Words of Anglo-Saxon origin (native words) were not numerous but they frequently occur in present-day English. They embrace a great number of strong verbs – be, come, go, have, run, speak, write; some weak verbs – ask, answer, help, treat, wonder, to be tired; auxiliaries and modals – shall, will, can, may, must; nouns – bread, bird, heaven, hell, lord, lady, world; pronouns – you, he, she, it; adverbs and prepositions – here, there, at, by, for, from, in, of, with.

Aside from a small number of geographical names, like Kent, Avon, Devon, Thames, Porthia (= St.Ives), possibly London, proper names, like Arthur, Donald, Kennedy, and some everyday words, like clan, kilt, dun (hill), clay, kill (forest), druid, Celtic borrowings were negligible.

Some OE words mostly of religious character were borrowed from Latin: monk, abbey, altar, creed, church, cross, martyr, monastery, priest, psalm, hymn, bishop, candle, magister, also silk, beet, box, camp, castle, chalk, cheese, cherry, copper, kitchen, dish, mile, mill, pound, street, school, theatre, tower, wall, wine, ounce.

From the language of Danes OE acquired many common words now in use: sky, skirt, shirt, skill, scrape, band, egg, call, race, give as well as place names: Grimsby, Derby, Lowestoft.
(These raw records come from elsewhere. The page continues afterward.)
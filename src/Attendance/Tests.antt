-- ===== src/Attendance/Tests.antt =====
-- A small office that the theorems on attendance apply to.
use workforce_app_backend.Common.{
  find, ◌≡◌, refl, ◌≤◌, ◌<◌, ◌⊎◌, ◌+◌, ◌-◌, ◌/◌, arith, Bool, true, false, none, some, List, [],
  ◌∷◌, if◌then◌else◌,
}
use workforce_app_backend.Common.Int.{pos}
use workforce_app_backend.Common.Result.{Result, ok, err, app_error}
use workforce_app_backend.Attendance.{
  by_employee, by_system, present_on_time, Timesheet, Store, Platform,
}
use workforce_app_backend.Attendance.Metrics.{
  is_eligible_for_auto_checkout, checkout_metrics, checkout_metrics_lem, can_re_check_in,
}
use workforce_app_backend.Attendance.Close.{
  CloseInput, assert_worksheet_not_copied, is_copied, write_worksheet, submit_worksheet,
  finish_close, closed_timesheets, close_open_timesheet,
}
use workforce_app_backend.Attendance.Close.Laws.{open_count, IsSingle, close_open_timesheet_once}
use workforce_app_backend.Attendance.Presence.{
  validate_photo_url, Office, Schedule, Employee, Context, ActionInput, on_desktop, from_desktop,
  active_employee, employee_context, day_rule_for_weekday, clock_at, attendance_clock,
  assert_not_on_approved_leave, assert_not_on_public_holiday, location_is_required,
  resolve_presence, inside_radius, location_create,
}
use workforce_app_backend.Attendance.CheckIn.{
  CheckInInput, reentry, check_late_reason, admit_day, check_presence, admit_new, admit,
  create_timesheet, reopen_timesheet, commit, check_in,
}
use workforce_app_backend.Attendance.CheckIn.Single.{commit-IsSingle, check_in-IsSingle}
use workforce_app_backend.Attendance.CheckOut.{
  auto_close_row, resolve_auto_checkout_instant, CheckOutInput, check_closing, close_own,
  check_out_as, check_out, AutoRow, auto_close_rows,
}
use workforce_app_backend.Attendance.CheckOut.Automatic.{Fate, auto_close_rows-Fate}

checkout_metrics_lem_example :
    let m = checkout_metrics 600000 6000000 8 8 7000000 in
    let planned = (6000000 - 600000) / 60000 in
    ((8 < 8) × (m.is_missing_checkout ≡ true) × (m.worked_minutes ≡ planned))
    ⊎ ((8 ≤ 8)
        × (m.is_missing_checkout ≡ false)
        × ((m.overtime_minutes ≡ 0) ⊎ (m.early_checkout_minutes ≡ 0))
        × (planned + m.overtime_minutes ≤ m.worked_minutes + m.early_checkout_minutes + 1)
        × (m.worked_minutes + m.early_checkout_minutes ≤ planned + m.overtime_minutes + 1))
checkout_metrics_lem_example =
    checkout_metrics_lem 600000 6000000 8 8 7000000 (omega arith) (omega arith)

-- A platform in UTC, where a time of the day is a number of milliseconds.
abbrev platform : Platform
platform = record {
  local_time = λ instant zone. record { work_date = instant / 86400000; weekday = 1 };
  scheduled_instant = λ day time zone. some (86400000 + time);
  plus_day = λ instant zone. instant + 86400000;
  measure = λ fix latitude longitude radius. none;
  is_holiday = λ employee day. false;
  is_photo_required = λ organization. false;
  is_hosted_photo = λ url. true;
  is_desktop_skip_enabled = λ organization. true;
  trim = λ text. text;
  collapse_space = λ text. text;
  to_lower_case = λ text. text;
}

abbrev office : Office
office = record {
  id = 1;
  is_active = true;
  timezone = 3;
  latitude = pos 9;
  longitude = pos 38;
  allowed_radius_meters = 100;
  maximum_accuracy_meters = 50;
}

abbrev schedule : Schedule
schedule = record {
  id = 1;
  is_active = true;
  timezone = 3;
  rule = record { check_in_time = 28800000; check_out_time = 61200000 };
  working_days = 1 ∷ [];
  late_grace_minutes = 10;
  days = [];
}

abbrev sara : Employee
sara = record {
  id = 7;
  user_id = 70;
  organization_id = 1;
  is_active = true;
  office = some office;
  schedule = some schedule;
}

abbrev ctx : Context
ctx = record { employee = sara; office = office; schedule = schedule }

abbrev from_desk : ActionInput
from_desk = record {
  client_channel = on_desktop;
  latitude = none;
  longitude = none;
  accuracy_meters = none;
  captured_at = none;
}

-- A timesheet of the first day, closed by its employee or still open.
abbrev sheet : Bool → Timesheet
sheet open_still = record {
  id = 4;
  employee_id = 7;
  office_id = 1;
  schedule_id = 1;
  work_date = 1;
  scheduled_check_in = 115200000;
  scheduled_check_out = 147600000;
  actual_check_in = 115200000;
  actual_check_out = if open_still then none else some 120000000;
  late_minutes = 0;
  early_checkout_minutes = 0;
  worked_minutes = 0;
  overtime_minutes = 0;
  status = present_on_time;
  is_open = open_still;
  is_late = false;
  is_early_checkout = false;
  is_missing_checkout = false;
  check_out_source = if open_still then none else some by_employee;
  check_in_idempotency_key = 11;
  check_out_idempotency_key = if open_still then none else some 12;
  schedule_check_in_time = 28800000;
  schedule_check_out_time = 61200000;
  schedule_late_grace_minutes = 10;
  office_latitude = pos 9;
  office_longitude = pos 38;
  office_allowed_radius_meters = 100;
  office_maximum_accuracy_meters = 50;
  timezone = 3;
}

abbrev store_with : List Timesheet → Store
store_with rows = record {
  timesheets = rows;
  locations = [];
  worksheets = [];
  late_reasons = [];
  notifications = [];
  approved_leave = [];
  next_id = 5;
}

abbrev store_of : Result Store → Store
store_of (ok db) = db
store_of (err e) = store_with []

sheet-IsSingle : (b : Bool) → IsSingle (sheet b ∷ [])
unfolding open_count
sheet-IsSingle b = record { distinct = (refl, tt); one_open = λ e. ground arith }

empty-IsSingle : IsSingle []
unfolding open_count
empty-IsSingle = record { distinct = tt; one_open = λ e. omega arith }

abbrev close_input : CloseInput
close_input = record {
  opened = sheet true;
  checkout_at = 140000000;
  source = by_system;
  user_id = 70;
  idempotency_key = 20;
  checkout_location = none;
  work_description = some 33;
}

abbrev closed : Store
closed = store_of (close_open_timesheet platform close_input (store_with (sheet true ∷ [])))

sheet-closed : close_open_timesheet platform close_input (store_with (sheet true ∷ [])) ≡ ok closed
unfolding close_open_timesheet finish_close submit_worksheet assert_worksheet_not_copied is_copied
    write_worksheet closed_timesheets
sheet-closed = refl

abbrev entry : CheckInInput
entry = record {
  action = from_desk;
  idempotency_key = 21;
  photo_url = none;
  late_reason_type = none;
  late_reason_description = none;
}

close_open_timesheet_once_example :
    close_open_timesheet platform (record close_input { idempotency_key = 22 }) closed
    ≡ err (app_error 409 "TIMESHEET_ALREADY_CLOSED")
close_open_timesheet_once_example =
    close_open_timesheet_once platform close_input (record close_input { idempotency_key = 22 })
      (store_with (sheet true ∷ [])) refl sheet-closed

abbrev reopened_day : Store
reopened_day = store_of (
    commit ctx entry 130000000 (reentry (sheet false) from_desktop) (store_with (sheet false ∷ [])))

day-reopened :
    commit ctx entry 130000000 (reentry (sheet false) from_desktop) (store_with (sheet false ∷ []))
    ≡ ok reopened_day
unfolding commit reopen_timesheet can_re_check_in location_create
day-reopened = refl

commit-IsSingle_example : IsSingle reopened_day.timesheets
commit-IsSingle_example =
    commit-IsSingle ctx entry 130000000 (reentry (sheet false) from_desktop)
      (store_with (sheet false ∷ [])) (sheet-IsSingle false) refl ((λ same. refl), tt) day-reopened

abbrev entered : Store
entered = store_of (check_in platform (sara ∷ []) 70 entry 115200000 (store_with []))

sara-entered : check_in platform (sara ∷ []) 70 entry 115200000 (store_with []) ≡ ok entered
unfolding check_in validate_photo_url employee_context active_employee admit admit_new
    check_presence admit_day check_late_reason attendance_clock clock_at day_rule_for_weekday
    assert_not_on_approved_leave assert_not_on_public_holiday resolve_presence location_is_required
    inside_radius commit create_timesheet location_create
sara-entered = refl

check_in-IsSingle_example : IsSingle entered.timesheets
check_in-IsSingle_example =
    check_in-IsSingle platform (sara ∷ []) 70 entry 115200000 (store_with []) empty-IsSingle refl
      sara-entered

abbrev leaving : CheckOutInput
leaving = record {
  action = from_desk;
  idempotency_key = 23;
  work_description = none;
  photo_url = none;
}

abbrev left : Store
left = store_of (check_out platform (sara ∷ []) 70 leaving 140000000 (store_with (sheet true ∷ [])))

sara-left :
    check_out platform (sara ∷ []) 70 leaving 140000000 (store_with (sheet true ∷ [])) ≡ ok left
unfolding check_out validate_photo_url employee_context active_employee check_out_as close_own
    check_closing resolve_presence location_is_required inside_radius close_open_timesheet
    finish_close submit_worksheet closed_timesheets location_create
sara-left = refl

abbrev auto_row : AutoRow
auto_row = record {
  timesheet = sheet true;
  user_id = 70;
  enabled = true;
  auto_checkout_time = 79200000;
  zone = 3;
  key = 99;
}

auto_close_rows-Fate_example :
    Fate platform 170000000
      (auto_row ∷ [])
      (sheet true).id
      (sheet true)
      (auto_close_rows platform 170000000 (auto_row ∷ []) (store_with (sheet true ∷ [])))
auto_close_rows-Fate_example =
    auto_close_rows-Fate platform 170000000 (auto_row ∷ []) (store_with (sheet true ∷ []))
      (sheet true).id (sheet true) refl

-- The run closes the timesheet.
auto_row-closes :
    find
      (λ (t : Timesheet). t.is_open)
      (auto_close_rows platform 170000000 (auto_row ∷ []) (store_with (sheet true ∷ []))).timesheets
    ≡ none
unfolding auto_close_rows auto_close_row resolve_auto_checkout_instant close_open_timesheet
    finish_close submit_worksheet closed_timesheets is_eligible_for_auto_checkout
auto_row-closes = refl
3. The Middle English Period

After the Norman Conquest in 1066, the English language was deprived of many duties in the affairs of court, government, and learning as these activities were carried out by French-speaking and Latin-writing Normans. So, under the influence of the Norman Conquest ME revealed dramatic variation.

Orthography and Phonology

French graphic tradition was introduced, all letters became Latin. Specifically English sounds marked by specific English letters were replaced by Latin letters or diagraphs:

þ (thorn), ð (eth)th: ðæt → that, ðū → thou, ðrēo → three;

þ (wynn) → uu, w;

ʒ (jogh) g, j, y: ʒodgod, ʒreʒ → grey, or a diagraph gh;

cʒ /dʒ/ → dg: bridge.

The letter æ (ash) was fully dropped and substituted by a.

Letters k, q, v, z were introduced: knight, queen, viage (voyage), veyn (vein), zeal.

Long sounds were doubled to show their length:

ē → ee: metan – mete, meete (to meet) or turned into ie, like in field;

ō → oo: fōt foot;

ū → ou: hūs → hous, mūs → mous, ūt → out.

Sibilant /t∫/ rendered by letter c was replaced by a digraph ch: cild → child.

The /∫/ rendered by sc was transformed into combination sh: scip → ship.

The /k/ rendered by c before consonants was marked by letter k: cnāwan → knowen, cniht → knight.

OE long vowels remained unchanged, except that /a:/ (bān, stān, bāt) became /o:/, as in bone, stone, boat.

Short vowels in unstressed syllables merged in neutral e /ə/.

The initial consonant clusters hl-, hn-, hr-, cn- lost their initials, as in hlāf (loaf), hnecca – (neck), hrōf (roof).

The final consonants m, n were pronounced undistinctly and merged into m in unstressed position. By the end of ME, even this final m had dropped: stānum stone.